Second-half we grow into the challenge and it’s a strike from a former WDON player of the year Sammy “Ratter” Moore that levels it up in the gathering gloom. Game on! Or is it? A spectacular lights show behind the visiting supporters’ stand illuminates the Lancashire skyline on the hillside, a storm is brewing. Surely, not the freakish conditions endured at Morecambe a fortnight previously yet again? No, much worse.

With Wimbledon very much back in the game and the commentary in full flow, the heavy rain, thunder and fork lightning suddenly takes effect in the worst way possible. Nature’s director yells “Cut!” with another clap of thunder signalling an all-out power failure, therefore ending our commentary, plunging everywhere into darkness, and sending everyone scurrying for cover.

I stay in touch by text with producer Geoff Hawley back at the BBC (Basingstoke Broadcast Control). Safety announcements give way to black comedy as an almighty hail storm passes and the PA system kicks back into life with the Travis track “Why Does It Always Rain On Me?”.

With communication restored, WDON all of a sudden becomes a rolling news network as we keep listeners up to date with the very latest.
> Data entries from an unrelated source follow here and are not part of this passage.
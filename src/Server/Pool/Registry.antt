-- ===== src/Server/Pool/Registry.antt =====
-- The pool as what it promises: a set of names, in which a dispatcher adds its name and its end takes
-- it away.
use simple_chat_ddn.Common.{
  ◌≡◌, refl, sym, ap, ◌∙◌, ite, if_pos, if_neg, Option, none, some, Bool, true, false, List, [],
  ◌∷◌,
}
use simple_chat_ddn.Common.Text.{Text, text_eq}
use simple_chat_ddn.Common.Map.{
  lookup, remove, NodupKeys, lookup-insert_self, lookup-insert_ne, lookup-remove_self,
  lookup-remove_ne, insert-NodupKeys, remove-NodupKeys,
}
use simple_chat_ddn.Core.Message.Server.{SharedServerMessage}
use simple_chat_ddn.Core.MessageCache.{MessageCache}
use simple_chat_ddn.Server.Runtime.{Runtime}
use simple_chat_ddn.Server.Pool.{
  BroadcastPool, is_some, has, create_dispatcher, abort_removed, destroy_dispatcher,
  broadcast_message,
}

-- A call of one of the pool's operations.
pub data Call (W : Type 0) : Type 0 where
  create : (username : Text) (writer : W) (cache : MessageCache) → Call W
  destroy : (username : Text) → Call W
  broadcast : (message : SharedServerMessage) → Call W

abbrev pub Names : Type 0
Names = Text → Bool

module _ {W : Type 0} where
  -- What a call promises for the names.
  unfoldable pub names_after : Call W → Names → Names
  names_after (create u writer cache) names = λ v. ite (text_eq v u) true (names v)
  names_after (destroy u) names = λ v. ite (text_eq v u) false (names v)
  names_after (broadcast m) names = names

  pub all_names_after : List (Call W) → Names → Names
  all_names_after [] names = names
  all_names_after (c ∷ cs) names = all_names_after cs (names_after c names)

  module _ {rt : Runtime W} where
    unfoldable pub call : Call W → BroadcastPool rt → BroadcastPool rt
    call (create u writer cache) pool = create_dispatcher u writer cache pool
    call (destroy u) pool = destroy_dispatcher u pool
    call (broadcast m) pool = (broadcast_message m pool).1

    unfoldable pub calls : List (Call W) → BroadcastPool rt → BroadcastPool rt
    unfolding call
    calls [] pool = pool
    calls (c ∷ cs) pool = calls cs (call c pool)

    create_names :
        (u v : Text) (writer : W) (cache : MessageCache) (pool : BroadcastPool rt)
        → has v (create_dispatcher u writer cache pool) ≡ ite (text_eq v u) true (has v pool)
    unfolding has is_some create_dispatcher
    create_names u v writer cache pool = elim (text_eq v u) [
      | yes e ↦
          ap (λ x. is_some (lookup text_eq x (create_dispatcher u writer cache pool).dispatchers)) e
          ∙ ap is_some (lookup-insert_self text_eq u _ pool.dispatchers)
          ∙ sym (if_pos (text_eq v u) e true _)
      | no n ↦
          ap is_some (lookup-insert_ne text_eq u v _ pool.dispatchers n)
          ∙ sym (if_neg (text_eq v u) n true _)
    ]

    destroy_names :
        (u v : Text) (o : Option rt.Task) (pool : BroadcastPool rt)
        → lookup text_eq u pool.dispatchers ≡ o
        → NodupKeys text_eq pool.dispatchers
        → has v (abort_removed o u pool) ≡ ite (text_eq v u) false (has v pool)
    unfolding has is_some abort_removed
    destroy_names u v none pool e d = elim (text_eq v u) [
      | yes same ↦
          ap (λ x. is_some (lookup text_eq x pool.dispatchers)) same
          ∙ ap is_some e
          ∙ sym (if_pos (text_eq v u) same false _)
      | no n ↦ sym (if_neg (text_eq v u) n false _)
    ]
    destroy_names u v (some t) pool e d = elim (text_eq v u) [
      | yes same ↦
          ap (λ x. is_some (lookup text_eq x (remove text_eq u pool.dispatchers))) same
          ∙ ap is_some (lookup-remove_self text_eq u pool.dispatchers d)
          ∙ sym (if_pos (text_eq v u) same false _)
      | no n ↦
          ap is_some (lookup-remove_ne text_eq u v pool.dispatchers n)
          ∙ sym (if_neg (text_eq v u) n false _)
    ]

    removed_distinct :
        (u : Text) (o : Option rt.Task) (pool : BroadcastPool rt)
        → NodupKeys text_eq pool.dispatchers
        → NodupKeys text_eq (abort_removed o u pool).dispatchers
    unfolding abort_removed
    removed_distinct u none pool d = d
    removed_distinct u (some t) pool d = remove-NodupKeys text_eq u pool.dispatchers d

    pub call_distinct :
        (c : Call W) (pool : BroadcastPool rt)
        → NodupKeys text_eq pool.dispatchers
        → NodupKeys text_eq (call c pool).dispatchers
    unfolding call create_dispatcher destroy_dispatcher broadcast_message
    call_distinct (create u writer cache) pool d = insert-NodupKeys text_eq u _ pool.dispatchers d
    call_distinct (destroy u) pool d = removed_distinct u (lookup text_eq u pool.dispatchers) pool d
    call_distinct (broadcast m) pool d = d

    abbrev pub names_of : BroadcastPool rt → Names
    names_of pool = λ v. has v pool

    pub call_names :
        (c : Call W) (pool : BroadcastPool rt) (v : Text)
        → NodupKeys text_eq pool.dispatchers
        → has v (call c pool) ≡ names_after c (names_of pool) v
    unfolding call names_after destroy_dispatcher broadcast_message has
    call_names (create u writer cache) pool v d = create_names u v writer cache pool
    call_names (destroy u) pool v d =
        destroy_names u v (lookup text_eq u pool.dispatchers) pool refl d
    call_names (broadcast m) pool v d = refl

    -- Whatever its operations are called with, and in whatever order, a pool that holds each name
    -- once refines a set of names: `create_dispatcher` adds its name, `destroy_dispatcher` takes
    -- its name away, and `broadcast_message` leaves the set alone, as `has` tells.
    calls-all_names_after :
        (cs : List (Call W)) (pool : BroadcastPool rt)
        → NodupKeys text_eq pool.dispatchers
        → names_of (calls cs pool) ≡ all_names_after cs (names_of pool)
    unfolding calls all_names_after
    calls-all_names_after [] pool d = refl
    calls-all_names_after (c ∷ cs) pool d =
        calls-all_names_after cs (call c pool) (call_distinct c pool d)
        ∙ ap (all_names_after cs) (λ i v. call_names c pool v d i)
We hope that the match restarts again and the Dons can go on to earn a precious away win.

 The first part of the dream scenario comes true as the lights come back on and the 22 players enter the pitch once again. Concerns among our press team that we may not make the train back from Manchester Piccadilly are quickly forgotten when the man Neal Ardley refers to as a “warrior” joins in the attack and strikes a late winner.

Just enough time afterwards before our departure through the flooded streets to catch up with our co-commentator at Brentford earlier this season - Alan Bennett. Down in the tunnel area, the skipper is clearly going to enjoy the “craic” tonight. Baz Fuller walks out with a ghetto-blaster over his arm that’s as almost as big as him during a lively post-match interview.

That old Wimbledon dressing room spirit will never die and your commentary team will keep going through thick and thin!